(Anti) self-dual Einstein metrics of zero signature, their Petrov classes and connection with Kahler and para-Kahler structures

For (anti) self-dual Einstein metrics, as well as for any (anti) self-dual metrics of zero signature, not $6$ Petrov types are logically possible, but $7$. In addition to the usual types I, D, O, II, III and N the type I$_{0}$ is also possible, described by characteristic root $0$ of multiplicity $4$. A system of anti-self-duality equations for the Riemann tensor is compiled for a metric that is universal in the class of anti-self-dual zero signature metrics. Particular solutions are found for all types except I$_{0}$. We left open the question of the existence of the type I$_{0}$. For an arbitrary metric of zero signature, all almost-Hermitian and almost para-Hermitian structures are found.
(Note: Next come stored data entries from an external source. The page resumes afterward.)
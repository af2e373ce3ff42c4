-- ===== src/TcpServer/Move.antt =====
-- The turns of the threads of racey-tcp-server.c as a relation, and where an access is out of
-- bounds.
use racey_suite.Prelude.{
  ℕ, suc, ◌≡◌, refl, ℤ, pos, negsuc, Bool, true, false, Option, none, some, List, ◌∷◌, ◌++◌,
  if◌then◌else◌, Bool-cases, inl, inr,
}
use racey_suite.Machine.{Turn, moved, waiting, halted, fault}
use racey_suite.TcpServer.{
  Received, chunk, failed, SocketCalls, Shared, Pc, starting, asking, looking, fetching, clearing,
  lowering, taking, missing, receiving, queueing, storing, freeing, closing, releasing, listening,
  accepting, offering, testing, raising, placing, placed, full, stopped, up, down, fd_at, put_at,
  is_positive, has_room, has_more, lock_table, lock_file, look, fetch, store, write_out, accept_one,
  listen_once, live_step, tcp_step,
}

-- The points before the lock of the table, with those behind it.
pub data Asks : Pc → Pc → Type 0 where
  worker_asks : Asks asking looking
  main_asks : (fd : ℤ) → Asks (offering fd) (testing fd)

-- The points before the unlock of the table.
pub data Leaves : Pc → Pc → Type 0 where
  with_fd : (fd : ℤ) → Leaves (taking fd) (receiving fd)
  with_none : Leaves missing asking
  with_place : Leaves placed accepting
  with_full : (fd : ℤ) → Leaves (full fd) (offering fd)

-- Moves that neither change the table or the locks nor hand a descriptor on.
pub data Walks : Pc → Pc → Type 0 where
  spins : Walks starting starting
  begins : Walks starting asking
  misses : Walks looking missing
  receives : (fd : ℤ) (n : Received) → Walks (receiving fd) (queueing fd n)
  releases : Walks releasing listening
  listens : Walks listening accepting
  fits : (fd : ℤ) → Walks (testing fd) (raising fd)
  waits : (fd : ℤ) → Walks (testing fd) (full fd)
  spoils : (fd : ℤ) → Walks (storing fd failed) (freeing fd failed)
  gives_up : Walks listening stopped
  ends : Walks accepting stopped

-- The parts of the state that such a move leaves as they are.
pub record Same (s s' : Shared) : Type 0 where
  pub fds : s'.client_fds ≡ s.client_fds
  pub idx : s'.client_idx ≡ s.client_idx
  pub table : s'.table_owner ≡ s.table_owner
  pub file : s'.file_owner ≡ s.file_owner
  pub accepts : s'.accepts ≡ s.accepts
  pub closed : s'.closed ≡ s.closed

module _ (io : SocketCalls) (tid : ℕ) where
  pub data Move (s : Shared) : Pc → Shared → Pc → Type 0 where
    walk : {p p' : Pc} {s' : Shared} → Walks p p' → Same s s' → Move s p s' p'
    ask :
        {p p' : Pc}
        → Asks p p'
        → s.table_owner ≡ none
        → Move s p (record s { table_owner = some tid }) p'
    leave : {p p' : Pc} → Leaves p p' → Move s p (record s { table_owner = none }) p'
    hit :
        {fd : ℤ}
        → fd_at s.client_fds s.client_idx ≡ some fd
        → is_positive fd ≡ true
        → Move s looking s fetching
    get : {fd : ℤ} → fd_at s.client_fds s.client_idx ≡ some fd → Move s fetching s (clearing fd)
    clear :
        {fd : ℤ} {fds : List ℤ}
        → put_at s.client_fds s.client_idx (negsuc 0) ≡ some fds
        → Move s (clearing fd) (record s { client_fds = fds }) (lowering fd)
    lower :
        {fd : ℤ} → Move s (lowering fd) (record s { client_idx = down s.client_idx }) (taking fd)
    queue :
        {fd : ℤ} {n : Received}
        → s.file_owner ≡ none
        → Move s (queueing fd n) (record s { file_owner = some tid }) (storing fd n)
    write :
        {fd : ℤ} {bytes : List ℕ}
        → Move s
            (storing fd (chunk bytes))
            (record s { output = s.output ++ bytes })
            (freeing fd (chunk bytes))
    unlock_file :
        {fd : ℤ} {n : Received}
        → Move s
            (freeing fd n)
            (record s { file_owner = none })
            (if has_more n then receiving fd else closing fd)
    close : {fd : ℤ} → Move s (closing fd) (record s { closed = fd ∷ s.closed }) asking
    connect :
        {fd : ℕ}
        → io.accept s.accepts ≡ pos fd
        → Move s accepting (record s { accepts = suc s.accepts }) (offering (pos fd))
    raise : {fd : ℤ} → Move s (raising fd) (record s { client_idx = up s.client_idx }) (placing fd)
    place :
        {fd : ℤ} {fds : List ℤ}
        → put_at s.client_fds s.client_idx fd ≡ some fds
        → Move s (placing fd) (record s { client_fds = fds }) placed

  -- Accesses out of bounds.
  pub data Fault (s : Shared) : Pc → Type 0 where
    bad_look : fd_at s.client_fds s.client_idx ≡ none → Fault s looking
    bad_get : fd_at s.client_fds s.client_idx ≡ none → Fault s fetching
    bad_clear :
        (fd : ℤ) → put_at s.client_fds s.client_idx (negsuc 0) ≡ none → Fault s (clearing fd)
    bad_place : (fd : ℤ) → put_at s.client_fds s.client_idx fd ≡ none → Fault s (placing fd)

  abbrev pub MoveOf : Shared → Pc → Turn Shared Pc → Type 0
  MoveOf s p (moved s' p') = Move s p s' p'
  MoveOf s p waiting = Unit
  MoveOf s p halted = Unit
  MoveOf s p fault = Fault s p

  same : (s : Shared) → Same s s
  same s = record {
    fds = refl;
    idx = refl;
    table = refl;
    file = refl;
    accepts = refl;
    closed = refl;
  }

  alike :
      (s s' : Shared)
      → s'.client_fds ≡ s.client_fds
      → s'.client_idx ≡ s.client_idx
      → s'.table_owner ≡ s.table_owner
      → s'.file_owner ≡ s.file_owner
      → s'.accepts ≡ s.accepts
      → s'.closed ≡ s.closed
      → Same s s'
  alike s s' a b c d e f = record { fds = a; idx = b; table = c; file = d; accepts = e; closed = f }

  lock_table-MoveOf :
      (s : Shared) {p p' : Pc} (o : Option ℕ)
      → Asks p p'
      → s.table_owner ≡ o
      → MoveOf s p (lock_table s tid p' o)
  lock_table-MoveOf s none a e = ask a e
  lock_table-MoveOf s (some holder) a e = tt

  lock_file-MoveOf :
      (s : Shared) (fd : ℤ) (n : Received) (o : Option ℕ)
      → s.file_owner ≡ o
      → MoveOf s (queueing fd n) (lock_file s tid (storing fd n) o)
  lock_file-MoveOf s fd n none e = queue e
  lock_file-MoveOf s fd n (some holder) e = tt

  look-MoveOf :
      (s : Shared) (o : Option ℤ)
      → fd_at s.client_fds s.client_idx ≡ o
      → MoveOf s looking (look s o)
  look-MoveOf s none e = bad_look e
  look-MoveOf s (some fd) e = elim (Bool-cases (is_positive fd)) [
    | inl more ↦ rw more (hit e more)
    | inr less ↦ rw less (walk misses (same s))
  ]

  fetch-MoveOf :
      (s : Shared) (o : Option ℤ)
      → fd_at s.client_fds s.client_idx ≡ o
      → MoveOf s fetching (fetch s o)
  fetch-MoveOf s none e = bad_get e
  fetch-MoveOf s (some fd) e = get e

  clear-MoveOf :
      (s : Shared) (fd : ℤ) (o : Option (List ℤ))
      → put_at s.client_fds s.client_idx (negsuc 0) ≡ o
      → MoveOf s (clearing fd) (store s (lowering fd) o)
  clear-MoveOf s fd none e = bad_clear fd e
  clear-MoveOf s fd (some fds) e = clear e

  place-MoveOf :
      (s : Shared) (fd : ℤ) (o : Option (List ℤ))
      → put_at s.client_fds s.client_idx fd ≡ o
      → MoveOf s (placing fd) (store s placed o)
  place-MoveOf s fd none e = bad_place fd e
  place-MoveOf s fd (some fds) e = place e

  write-MoveOf : (s : Shared) (fd : ℤ) (n : Received) → MoveOf s (storing fd n) (write_out s fd n)
  write-MoveOf s fd (chunk bytes) = write
  write-MoveOf s fd failed = walk (spoils fd) (same s)

  accept-MoveOf :
      (s : Shared) (r : ℤ) → io.accept s.accepts ≡ r → MoveOf s accepting (accept_one s r)
  accept-MoveOf s (pos fd) e = connect e
  accept-MoveOf s (negsuc k) e = walk ends (alike s _ refl refl refl refl refl refl)

  listen-MoveOf : (s : Shared) (r : ℤ) → MoveOf s listening (listen_once s r)
  listen-MoveOf s (pos k) = walk listens (same s)
  listen-MoveOf s (negsuc k) = walk gives_up (alike s _ refl refl refl refl refl refl)

  begin-MoveOf :
      (s : Shared) (b : Bool) → MoveOf s starting (if b then moved s asking else moved s starting)
  begin-MoveOf s true = walk begins (same s)
  begin-MoveOf s false = walk spins (same s)

  test-MoveOf :
      (s : Shared) (fd : ℤ) (b : Bool)
      → MoveOf s (testing fd) (if b then moved s (raising fd) else moved s (full fd))
  test-MoveOf s fd true = walk (fits fd) (same s)
  test-MoveOf s fd false = walk (waits fd) (same s)

  live_step-MoveOf : (s : Shared) (p : Pc) → MoveOf s p (live_step io tid s p)
  live_step-MoveOf s starting = begin-MoveOf s s.barrier
  live_step-MoveOf s asking = lock_table-MoveOf s s.table_owner worker_asks refl
  live_step-MoveOf s looking = look-MoveOf s _ refl
  live_step-MoveOf s fetching = fetch-MoveOf s _ refl
  live_step-MoveOf s (clearing fd) = clear-MoveOf s fd _ refl
  live_step-MoveOf s (lowering fd) = lower
  live_step-MoveOf s (taking fd) = leave (with_fd fd)
  live_step-MoveOf s missing = leave with_none
  live_step-MoveOf s (receiving fd) =
      walk (receives fd (io.read s.reads)) (alike s _ refl refl refl refl refl refl)
  live_step-MoveOf s (queueing fd n) = lock_file-MoveOf s fd n s.file_owner refl
  live_step-MoveOf s (storing fd n) = write-MoveOf s fd n
  live_step-MoveOf s (freeing fd n) = unlock_file
  live_step-MoveOf s (closing fd) = close
  live_step-MoveOf s releasing = walk releases (alike s _ refl refl refl refl refl refl)
  live_step-MoveOf s listening = listen-MoveOf s io.listen
  live_step-MoveOf s accepting = accept-MoveOf s _ refl
  live_step-MoveOf s (offering fd) = lock_table-MoveOf s s.table_owner (main_asks fd) refl
  live_step-MoveOf s (testing fd) = test-MoveOf s fd (has_room s.client_idx)
  live_step-MoveOf s (raising fd) = raise
  live_step-MoveOf s (placing fd) = place-MoveOf s fd _ refl
  live_step-MoveOf s placed = leave with_place
  live_step-MoveOf s (full fd) = leave (with_full fd)
  live_step-MoveOf s stopped = tt

  while_running :
      (s : Shared) (p : Pc) (b : Bool) → MoveOf s p (if b then live_step io tid s p else halted)
  while_running s p true = live_step-MoveOf s p
  while_running s p false = tt

  -- A turn is a move, a wait, or an access out of bounds.
  pub tcp_step-MoveOf : (s : Shared) (p : Pc) → MoveOf s p (tcp_step io tid s p)
  unfolding tcp_step
  tcp_step-MoveOf s p = while_running s p s.running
All Kahler and para-Kahler structures are found for the (anti) self-dual Einstein metric. For a metric of signature $0$, the notion of hyper-Kahler property is introduced for the first time. Its definition differs from the definition of hyper-Kahler Riemannian metrics, but is equivalent to it for dimension $4$. Each (anti) self-dual Einstein metric of zero signature is simultaneously hyper-Kahler and para-hyper-Kahler. Conversely, any hyper-Kahler (para-hyper-Kahler) $4$-metric of zero signature is (anti) self-dual and Einstein metric.